(Stored data)

BEGIN

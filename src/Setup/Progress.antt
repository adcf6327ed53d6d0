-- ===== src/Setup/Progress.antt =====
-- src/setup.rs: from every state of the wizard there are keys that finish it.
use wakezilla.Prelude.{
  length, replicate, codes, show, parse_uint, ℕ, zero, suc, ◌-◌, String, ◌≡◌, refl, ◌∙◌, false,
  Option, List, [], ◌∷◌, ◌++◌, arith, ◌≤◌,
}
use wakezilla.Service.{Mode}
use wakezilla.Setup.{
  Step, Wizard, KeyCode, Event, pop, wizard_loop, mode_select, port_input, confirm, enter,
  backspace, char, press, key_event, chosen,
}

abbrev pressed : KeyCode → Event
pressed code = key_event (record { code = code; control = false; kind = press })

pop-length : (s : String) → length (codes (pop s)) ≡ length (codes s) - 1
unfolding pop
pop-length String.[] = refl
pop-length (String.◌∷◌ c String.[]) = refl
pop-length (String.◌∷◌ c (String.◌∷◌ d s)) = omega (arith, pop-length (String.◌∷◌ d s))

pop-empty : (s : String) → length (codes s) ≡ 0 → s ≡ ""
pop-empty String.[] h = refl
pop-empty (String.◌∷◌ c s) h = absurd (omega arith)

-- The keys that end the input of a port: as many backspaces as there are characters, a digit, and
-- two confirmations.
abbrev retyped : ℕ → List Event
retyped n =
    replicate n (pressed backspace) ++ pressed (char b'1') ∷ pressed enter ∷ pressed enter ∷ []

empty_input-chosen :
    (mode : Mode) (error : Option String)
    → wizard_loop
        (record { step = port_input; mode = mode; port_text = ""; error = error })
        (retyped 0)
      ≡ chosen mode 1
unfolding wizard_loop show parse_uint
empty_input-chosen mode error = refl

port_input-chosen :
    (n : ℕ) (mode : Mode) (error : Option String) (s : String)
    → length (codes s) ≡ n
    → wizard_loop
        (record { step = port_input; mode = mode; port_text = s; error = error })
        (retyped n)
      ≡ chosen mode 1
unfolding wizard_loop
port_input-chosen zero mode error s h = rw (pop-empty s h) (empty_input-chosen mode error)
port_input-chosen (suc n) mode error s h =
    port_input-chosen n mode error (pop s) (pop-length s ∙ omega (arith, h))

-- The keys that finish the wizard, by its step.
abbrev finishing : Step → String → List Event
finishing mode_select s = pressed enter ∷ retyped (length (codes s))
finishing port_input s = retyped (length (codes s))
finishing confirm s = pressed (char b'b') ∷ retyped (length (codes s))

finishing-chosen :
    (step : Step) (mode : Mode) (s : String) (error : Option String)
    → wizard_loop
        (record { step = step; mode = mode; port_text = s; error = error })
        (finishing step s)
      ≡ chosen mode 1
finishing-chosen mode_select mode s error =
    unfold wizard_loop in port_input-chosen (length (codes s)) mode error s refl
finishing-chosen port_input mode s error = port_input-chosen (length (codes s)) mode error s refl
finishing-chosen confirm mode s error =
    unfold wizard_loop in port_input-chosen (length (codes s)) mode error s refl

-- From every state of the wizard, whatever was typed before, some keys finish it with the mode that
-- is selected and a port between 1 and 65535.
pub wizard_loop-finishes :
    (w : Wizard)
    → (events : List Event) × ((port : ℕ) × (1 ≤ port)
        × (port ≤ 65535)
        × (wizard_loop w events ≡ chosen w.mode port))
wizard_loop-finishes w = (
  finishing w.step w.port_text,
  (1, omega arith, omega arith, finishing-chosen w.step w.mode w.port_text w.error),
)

END
BEGIN

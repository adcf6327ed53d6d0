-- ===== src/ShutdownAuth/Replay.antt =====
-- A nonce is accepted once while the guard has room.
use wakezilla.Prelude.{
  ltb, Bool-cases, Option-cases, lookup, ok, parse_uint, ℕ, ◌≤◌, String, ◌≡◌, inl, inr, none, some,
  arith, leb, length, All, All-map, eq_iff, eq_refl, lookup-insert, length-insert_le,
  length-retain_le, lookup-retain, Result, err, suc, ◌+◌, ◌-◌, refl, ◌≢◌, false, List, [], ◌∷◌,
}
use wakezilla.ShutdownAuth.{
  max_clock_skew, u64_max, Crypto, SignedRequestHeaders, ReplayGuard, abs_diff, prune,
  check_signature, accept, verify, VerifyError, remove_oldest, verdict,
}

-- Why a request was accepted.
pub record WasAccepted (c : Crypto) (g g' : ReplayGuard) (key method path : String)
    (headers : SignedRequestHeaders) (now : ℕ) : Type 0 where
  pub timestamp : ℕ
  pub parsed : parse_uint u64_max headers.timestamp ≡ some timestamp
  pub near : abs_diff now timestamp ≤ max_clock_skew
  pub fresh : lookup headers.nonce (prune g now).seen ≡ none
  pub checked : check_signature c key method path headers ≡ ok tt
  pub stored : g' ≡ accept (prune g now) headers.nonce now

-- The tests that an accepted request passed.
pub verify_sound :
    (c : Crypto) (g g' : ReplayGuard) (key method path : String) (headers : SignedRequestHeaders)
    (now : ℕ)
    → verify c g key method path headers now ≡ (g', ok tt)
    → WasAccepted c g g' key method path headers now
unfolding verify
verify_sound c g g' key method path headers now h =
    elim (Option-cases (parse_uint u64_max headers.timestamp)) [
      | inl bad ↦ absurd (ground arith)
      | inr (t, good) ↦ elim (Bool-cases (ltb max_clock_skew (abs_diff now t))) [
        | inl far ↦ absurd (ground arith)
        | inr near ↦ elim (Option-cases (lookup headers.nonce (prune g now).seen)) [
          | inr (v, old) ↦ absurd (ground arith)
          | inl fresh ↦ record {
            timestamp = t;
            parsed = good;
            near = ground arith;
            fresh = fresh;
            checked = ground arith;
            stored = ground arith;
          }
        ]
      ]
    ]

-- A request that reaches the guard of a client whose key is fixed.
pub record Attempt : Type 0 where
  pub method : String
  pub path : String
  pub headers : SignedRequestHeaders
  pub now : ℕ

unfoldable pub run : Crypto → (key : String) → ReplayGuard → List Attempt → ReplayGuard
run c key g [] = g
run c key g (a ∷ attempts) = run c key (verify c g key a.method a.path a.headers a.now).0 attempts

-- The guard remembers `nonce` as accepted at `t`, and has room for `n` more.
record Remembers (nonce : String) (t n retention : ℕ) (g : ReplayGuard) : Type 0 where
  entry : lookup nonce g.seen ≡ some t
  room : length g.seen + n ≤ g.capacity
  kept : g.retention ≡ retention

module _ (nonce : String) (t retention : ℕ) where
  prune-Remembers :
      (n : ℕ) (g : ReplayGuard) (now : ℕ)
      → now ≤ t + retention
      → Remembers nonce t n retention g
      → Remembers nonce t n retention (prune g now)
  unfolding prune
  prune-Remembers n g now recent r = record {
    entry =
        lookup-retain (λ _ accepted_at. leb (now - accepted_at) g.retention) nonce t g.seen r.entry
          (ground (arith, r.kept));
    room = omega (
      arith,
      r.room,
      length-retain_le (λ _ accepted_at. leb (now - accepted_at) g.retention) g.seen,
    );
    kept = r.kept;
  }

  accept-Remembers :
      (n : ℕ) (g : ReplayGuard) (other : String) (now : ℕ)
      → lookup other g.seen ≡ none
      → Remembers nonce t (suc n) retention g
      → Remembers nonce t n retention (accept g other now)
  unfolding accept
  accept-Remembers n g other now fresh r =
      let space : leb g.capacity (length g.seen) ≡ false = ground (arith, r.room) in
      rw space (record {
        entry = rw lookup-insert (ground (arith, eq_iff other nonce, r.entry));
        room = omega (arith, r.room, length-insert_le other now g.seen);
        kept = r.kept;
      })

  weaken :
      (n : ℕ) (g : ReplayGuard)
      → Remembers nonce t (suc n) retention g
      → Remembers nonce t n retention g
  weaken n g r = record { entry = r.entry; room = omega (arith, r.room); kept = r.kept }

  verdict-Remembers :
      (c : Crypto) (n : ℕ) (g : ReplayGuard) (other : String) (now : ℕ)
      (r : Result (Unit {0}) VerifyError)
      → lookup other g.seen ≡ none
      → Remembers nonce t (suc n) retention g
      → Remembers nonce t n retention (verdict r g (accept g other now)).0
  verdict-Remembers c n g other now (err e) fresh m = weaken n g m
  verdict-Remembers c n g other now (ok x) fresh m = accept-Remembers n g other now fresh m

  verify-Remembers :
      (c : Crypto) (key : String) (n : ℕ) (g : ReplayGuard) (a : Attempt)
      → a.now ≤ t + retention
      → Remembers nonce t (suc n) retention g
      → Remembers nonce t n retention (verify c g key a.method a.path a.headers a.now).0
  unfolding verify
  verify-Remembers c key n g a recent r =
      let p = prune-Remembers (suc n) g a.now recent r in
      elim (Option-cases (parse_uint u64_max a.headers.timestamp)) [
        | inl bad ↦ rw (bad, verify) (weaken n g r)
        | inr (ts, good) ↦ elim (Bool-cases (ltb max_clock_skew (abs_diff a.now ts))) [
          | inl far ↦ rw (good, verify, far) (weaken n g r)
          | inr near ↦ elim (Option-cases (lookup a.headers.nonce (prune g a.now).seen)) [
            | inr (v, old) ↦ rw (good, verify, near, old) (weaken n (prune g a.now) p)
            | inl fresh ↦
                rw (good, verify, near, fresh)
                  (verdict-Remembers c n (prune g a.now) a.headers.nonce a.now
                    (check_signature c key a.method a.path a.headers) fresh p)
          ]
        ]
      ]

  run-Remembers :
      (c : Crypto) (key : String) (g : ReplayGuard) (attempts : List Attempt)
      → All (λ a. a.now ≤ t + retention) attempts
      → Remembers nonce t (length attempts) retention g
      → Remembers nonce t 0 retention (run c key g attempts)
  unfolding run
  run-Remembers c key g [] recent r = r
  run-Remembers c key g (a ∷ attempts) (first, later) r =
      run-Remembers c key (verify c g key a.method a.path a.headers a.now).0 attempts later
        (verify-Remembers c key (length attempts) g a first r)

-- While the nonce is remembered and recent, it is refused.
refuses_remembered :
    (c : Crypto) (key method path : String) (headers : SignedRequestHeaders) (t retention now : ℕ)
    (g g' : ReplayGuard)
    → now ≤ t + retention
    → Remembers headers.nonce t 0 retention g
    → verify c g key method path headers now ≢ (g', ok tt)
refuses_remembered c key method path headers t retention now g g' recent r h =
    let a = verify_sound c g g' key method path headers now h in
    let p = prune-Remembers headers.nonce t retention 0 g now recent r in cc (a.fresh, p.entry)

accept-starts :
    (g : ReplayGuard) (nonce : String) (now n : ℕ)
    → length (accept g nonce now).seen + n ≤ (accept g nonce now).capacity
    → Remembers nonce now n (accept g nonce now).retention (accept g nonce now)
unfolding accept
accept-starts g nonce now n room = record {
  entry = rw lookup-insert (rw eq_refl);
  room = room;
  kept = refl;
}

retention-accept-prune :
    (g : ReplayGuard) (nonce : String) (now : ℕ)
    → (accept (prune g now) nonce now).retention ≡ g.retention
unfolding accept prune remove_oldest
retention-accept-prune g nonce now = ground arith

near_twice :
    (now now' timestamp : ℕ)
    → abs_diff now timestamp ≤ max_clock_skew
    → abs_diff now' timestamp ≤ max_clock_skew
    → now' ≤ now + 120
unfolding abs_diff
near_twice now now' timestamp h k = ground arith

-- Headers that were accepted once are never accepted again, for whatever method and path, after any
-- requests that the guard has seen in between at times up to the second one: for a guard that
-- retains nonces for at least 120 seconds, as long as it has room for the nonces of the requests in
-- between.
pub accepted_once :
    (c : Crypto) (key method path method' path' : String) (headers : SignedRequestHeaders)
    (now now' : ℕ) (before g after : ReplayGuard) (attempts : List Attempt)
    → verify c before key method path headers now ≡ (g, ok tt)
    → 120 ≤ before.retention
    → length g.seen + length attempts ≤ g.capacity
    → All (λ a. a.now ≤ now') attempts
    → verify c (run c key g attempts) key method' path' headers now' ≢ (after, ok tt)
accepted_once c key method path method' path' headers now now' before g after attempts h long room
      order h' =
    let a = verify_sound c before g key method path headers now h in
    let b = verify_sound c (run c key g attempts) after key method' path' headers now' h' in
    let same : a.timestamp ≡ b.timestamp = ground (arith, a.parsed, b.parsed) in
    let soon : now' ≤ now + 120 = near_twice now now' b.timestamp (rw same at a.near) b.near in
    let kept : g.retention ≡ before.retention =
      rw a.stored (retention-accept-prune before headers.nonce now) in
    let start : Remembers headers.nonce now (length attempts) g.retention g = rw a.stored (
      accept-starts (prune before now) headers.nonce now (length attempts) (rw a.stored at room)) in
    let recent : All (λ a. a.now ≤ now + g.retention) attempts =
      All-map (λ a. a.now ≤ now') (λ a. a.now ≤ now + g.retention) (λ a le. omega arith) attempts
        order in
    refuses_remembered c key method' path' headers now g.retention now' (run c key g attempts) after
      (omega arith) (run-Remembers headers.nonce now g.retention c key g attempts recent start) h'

END
BEGIN

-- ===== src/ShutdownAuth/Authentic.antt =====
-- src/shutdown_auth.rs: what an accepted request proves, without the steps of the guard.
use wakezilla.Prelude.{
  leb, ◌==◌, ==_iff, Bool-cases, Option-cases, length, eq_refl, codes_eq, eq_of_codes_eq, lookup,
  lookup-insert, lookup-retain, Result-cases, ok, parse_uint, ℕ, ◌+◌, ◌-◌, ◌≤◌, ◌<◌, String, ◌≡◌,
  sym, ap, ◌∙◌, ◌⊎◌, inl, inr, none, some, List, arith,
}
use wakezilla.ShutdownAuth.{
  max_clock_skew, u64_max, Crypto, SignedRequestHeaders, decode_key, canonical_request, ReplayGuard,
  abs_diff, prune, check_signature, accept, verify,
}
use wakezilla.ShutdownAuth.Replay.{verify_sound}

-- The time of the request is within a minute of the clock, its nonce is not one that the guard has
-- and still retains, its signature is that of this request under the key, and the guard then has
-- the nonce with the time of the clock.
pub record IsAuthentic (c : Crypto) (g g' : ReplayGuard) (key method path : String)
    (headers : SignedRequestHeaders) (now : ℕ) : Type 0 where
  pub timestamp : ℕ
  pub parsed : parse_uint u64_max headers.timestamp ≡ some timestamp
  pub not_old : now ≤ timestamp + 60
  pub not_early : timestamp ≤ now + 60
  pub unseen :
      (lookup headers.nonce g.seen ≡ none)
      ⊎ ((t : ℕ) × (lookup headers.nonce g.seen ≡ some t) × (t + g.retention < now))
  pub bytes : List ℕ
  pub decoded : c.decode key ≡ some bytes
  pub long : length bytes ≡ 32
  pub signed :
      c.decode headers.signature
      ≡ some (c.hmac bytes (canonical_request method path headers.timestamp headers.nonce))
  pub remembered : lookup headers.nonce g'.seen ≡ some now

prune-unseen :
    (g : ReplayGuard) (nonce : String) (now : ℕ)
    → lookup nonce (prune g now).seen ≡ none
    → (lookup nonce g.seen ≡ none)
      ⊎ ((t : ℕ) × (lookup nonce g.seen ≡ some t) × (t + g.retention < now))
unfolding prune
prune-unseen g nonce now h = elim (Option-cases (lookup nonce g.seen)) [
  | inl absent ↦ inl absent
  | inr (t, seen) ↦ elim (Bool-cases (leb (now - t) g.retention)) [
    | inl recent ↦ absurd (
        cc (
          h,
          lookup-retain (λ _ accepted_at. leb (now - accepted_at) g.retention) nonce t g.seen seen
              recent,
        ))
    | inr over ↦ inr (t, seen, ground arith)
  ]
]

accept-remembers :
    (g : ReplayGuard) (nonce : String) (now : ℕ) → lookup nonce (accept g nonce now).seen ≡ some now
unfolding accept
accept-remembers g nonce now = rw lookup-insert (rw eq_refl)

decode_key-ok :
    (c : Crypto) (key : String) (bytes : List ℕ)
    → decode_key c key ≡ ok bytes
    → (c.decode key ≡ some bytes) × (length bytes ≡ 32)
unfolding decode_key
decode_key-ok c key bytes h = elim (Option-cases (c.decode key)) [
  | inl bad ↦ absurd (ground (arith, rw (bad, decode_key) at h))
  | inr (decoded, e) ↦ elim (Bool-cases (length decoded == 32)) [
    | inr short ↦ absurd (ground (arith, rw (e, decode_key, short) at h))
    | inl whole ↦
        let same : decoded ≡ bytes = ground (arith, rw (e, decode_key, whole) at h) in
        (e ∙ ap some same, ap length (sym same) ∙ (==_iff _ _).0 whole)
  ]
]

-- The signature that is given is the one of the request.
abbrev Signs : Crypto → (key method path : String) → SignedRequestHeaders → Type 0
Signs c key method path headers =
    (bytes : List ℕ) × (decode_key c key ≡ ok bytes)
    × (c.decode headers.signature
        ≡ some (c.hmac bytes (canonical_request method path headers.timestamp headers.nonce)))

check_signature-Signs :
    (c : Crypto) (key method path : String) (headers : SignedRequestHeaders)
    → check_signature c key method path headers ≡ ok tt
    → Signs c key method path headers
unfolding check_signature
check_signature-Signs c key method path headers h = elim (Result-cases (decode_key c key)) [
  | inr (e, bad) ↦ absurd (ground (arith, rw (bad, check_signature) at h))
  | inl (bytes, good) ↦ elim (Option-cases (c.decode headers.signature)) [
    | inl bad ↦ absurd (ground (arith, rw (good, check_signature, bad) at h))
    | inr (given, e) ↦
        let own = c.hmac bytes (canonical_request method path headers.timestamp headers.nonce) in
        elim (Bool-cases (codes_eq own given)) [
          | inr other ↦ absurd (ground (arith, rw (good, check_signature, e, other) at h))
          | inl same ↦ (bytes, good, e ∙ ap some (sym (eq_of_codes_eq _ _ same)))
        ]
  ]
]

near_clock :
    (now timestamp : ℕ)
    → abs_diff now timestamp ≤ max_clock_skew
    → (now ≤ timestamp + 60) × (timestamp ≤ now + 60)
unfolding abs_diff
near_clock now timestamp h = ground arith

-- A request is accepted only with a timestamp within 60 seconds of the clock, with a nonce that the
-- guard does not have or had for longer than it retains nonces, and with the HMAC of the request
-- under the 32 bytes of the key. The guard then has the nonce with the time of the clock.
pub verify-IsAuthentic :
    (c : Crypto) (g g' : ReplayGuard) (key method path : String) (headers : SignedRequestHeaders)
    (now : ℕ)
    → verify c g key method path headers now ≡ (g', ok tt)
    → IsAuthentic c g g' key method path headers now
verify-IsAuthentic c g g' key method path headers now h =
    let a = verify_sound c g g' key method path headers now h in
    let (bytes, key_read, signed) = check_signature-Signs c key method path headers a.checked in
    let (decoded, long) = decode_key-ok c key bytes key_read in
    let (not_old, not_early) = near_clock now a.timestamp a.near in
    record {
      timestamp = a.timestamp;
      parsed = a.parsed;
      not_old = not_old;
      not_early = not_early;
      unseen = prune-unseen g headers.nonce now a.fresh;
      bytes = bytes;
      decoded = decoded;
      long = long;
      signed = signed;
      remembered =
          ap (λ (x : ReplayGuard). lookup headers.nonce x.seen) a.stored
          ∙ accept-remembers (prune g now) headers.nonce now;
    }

END

=== What to do ===
In the entries above, find the line holding "filename src/Setup/Progress.antt" and the line holding "pressed code = key_event"; print both of them and every line between, exactly, and nothing else.

=== Answer for this exercise ===
filename src/Setup/Progress.antt
repository adcf6327ed53d6d0
-- ===== src/Setup/Progress.antt =====
-- src/setup.rs: from every state of the wizard there are keys that finish it.
use wakezilla.Prelude.{
  length, replicate, codes, show, parse_uint, ℕ, zero, suc, ◌-◌, String, ◌≡◌, refl, ◌∙◌, false,
  Option, List, [], ◌∷◌, ◌++◌, arith, ◌≤◌,
}
use wakezilla.Service.{Mode}
use wakezilla.Setup.{
  Step, Wizard, KeyCode, Event, pop, wizard_loop, mode_select, port_input, confirm, enter,
  backspace, char, press, key_event, chosen,
}

abbrev pressed : KeyCode → Event
pressed code = key_event (record { code = code; control = false; kind = press })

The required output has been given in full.